WithSecure(ウィズセキュア)は7月11日、パリ五輪を控える中で、評価レポート「Olympics - Cyber Threats to Paris 2024」を発行し、企業・団体や一般ユーザーに対して、増加が予想されるサイバー攻撃への注意喚起を行っている。同レポートでは脅威アクターをロシア、中国、イラン、北朝鮮の国家ハッカー、ハクティビスト、サイバー犯罪集団に分類し、それぞれの攻撃の意図、能力、想定される行動について解説している。

脅威のレベルは中程度

五輪では、架空の格安チケット販売や無料ツアー当選の通知を装った詐欺、主催者・スポンサー企業を標的とした攻撃、イベントサイト・関連サイトを乗っ取っての政治的メッセージの発信、中継ネットワークの機器を乗っ取ってのサイバー攻撃の足掛かりの確保など、攻撃者は人々の注目を悪用する機会をうかがっているという。

2022年の北京五輪は同年に開催されたサッカーワールドカップを上回る5億人以上が観戦し、東京五輪は10億人が観戦した。一方、東京2020では4億5000万件のサイバー攻撃がされたというレポートも存在する。

今回のレポート著者であり、同社で脅威インテリジェンス部門の責任者を務めるTim West(ティム・ウエスト)氏は、パリ五輪に対するサイバー攻撃について、以下のように予想している。

「地政学的な混乱に加え、2022年から続く多くの国々とロシアとの関係悪化により、パリはこれまでのオリンピック以上に悪質なサイバー活動のリスクが高まるであろうと、当社では強い確信を持っています。また、親ロシアを掲げて活動する国家と連携したハクティビストは、ほぼ間違いなく何らかのかたちでオリンピックの実施を妨害しようとするでしょう。私たちは、これらのグループがオリンピックに与える脅威のレベルは中程度だと評価しています」(ウエスト氏)

  • Tim West(ティム・ウエスト)氏

    Tim West(ティム・ウエスト)氏

ホスト国は国家の威信をかけて五輪の開催をバックアップするが、そうした中でサイバー攻撃が横行すればその国家の威信は低下することとなり、それこそが一部の国家ハッカーの狙いになるという。
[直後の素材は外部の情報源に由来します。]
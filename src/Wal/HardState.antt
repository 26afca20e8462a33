-- ===== src/Wal/HardState.antt =====
-- What `LoadHardState` gives back of a state that `SaveHardState` wrote.
use my_etcd.Base.{
  ℕ, ◌==◌, ◌≡◌, ◌^◌, ◌<◌, refl, ap, ◌∙◌, [], append-nil, sym, none, some, if◌then◌else◌,
  get_or_else,
}
use my_etcd.Types.{RaftHardState, no_node_id}
use my_etcd.Codec.{le_bytes, read_le}
use my_etcd.Codec.Words.{FitsBytes-u64, read_le-le_bytes}
use my_etcd.Wal.RoundTrip.{then_some}
use my_etcd.Wal.{Wal, save_hard_state, load_hard_state, read_hard_state}

-- A vote for node 0 is no vote.
abbrev pub as_saved : RaftHardState → RaftHardState
as_saved st =
    let voted = get_or_else st.voted_for no_node_id in
    record st { voted_for = if voted == no_node_id then none else some voted }

read_last : (v : ℕ) → v < 2 ^ 64 → read_le 8 (le_bytes 8 v) ≡ some (v, [])
read_last v h =
    ap (read_le 8) (sym (append-nil (le_bytes 8 v))) ∙ read_le-le_bytes 8 v [] (FitsBytes-u64 v h)

-- A saved hard state is loaded as it was, a vote for node 0 as none, if its words fit 64 bits.
pub load_hard_state-save_hard_state :
    (st : RaftHardState) (w : Wal)
    → st.current_term < 2 ^ 64
    → get_or_else st.voted_for no_node_id < 2 ^ 64
    → st.commit_index < 2 ^ 64
    → load_hard_state (save_hard_state st w) ≡ some (as_saved st)
unfolding load_hard_state save_hard_state read_hard_state
load_hard_state-save_hard_state st w h k l =
    then_some _ (read_le-le_bytes 8 st.current_term _ (FitsBytes-u64 st.current_term h)) (
      then_some _
        (read_le-le_bytes 8 (get_or_else st.voted_for no_node_id) _
          (FitsBytes-u64 (get_or_else st.voted_for no_node_id) k))
        (then_some _ (read_last st.commit_index l) refl))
また、そうした攻撃の成功が個人や企業・団体に直接的・間接的にもたらす影響は計り知れないものとなる可能性があるとの見解だ。

なお、レポートではそのほかのポイントも指摘されている、そのほかのポイントとして、パリ五輪の情報システム管理者は、コンピュータ・ネットワーク・エクスプロイテーション(CNE)およびコンピュータ・ネットワーク攻撃(CAN)による、防衛のための専門的なツール、ソフトウェア、人材があり、攻撃に対する即応体制が整っていることはほぼ確実とのこと。

また、同社は中国、イラン、北朝鮮などの国家ハッカーが支援する脅威アクターが五輪の話題に乗じて自分たちの目標を達成しようとする可能性があると、中レベルの確信を持っていますが、これらのグループが五輪自体にもたらす脅威のレベルは低いという。

ウエスト氏はパリ五輪に対する脅威への見通しについて「オリンピックには数多くの脅威が存在し、そのモチベーションや能力のレベルもさまざまであるため、サイバーセキュリティ作戦を成功させることはオリンピック当局にとって大きな挑戦となるでしょう。しかし、防御側も過去のオリンピックから得た教訓を活かしているはずです」と述べている。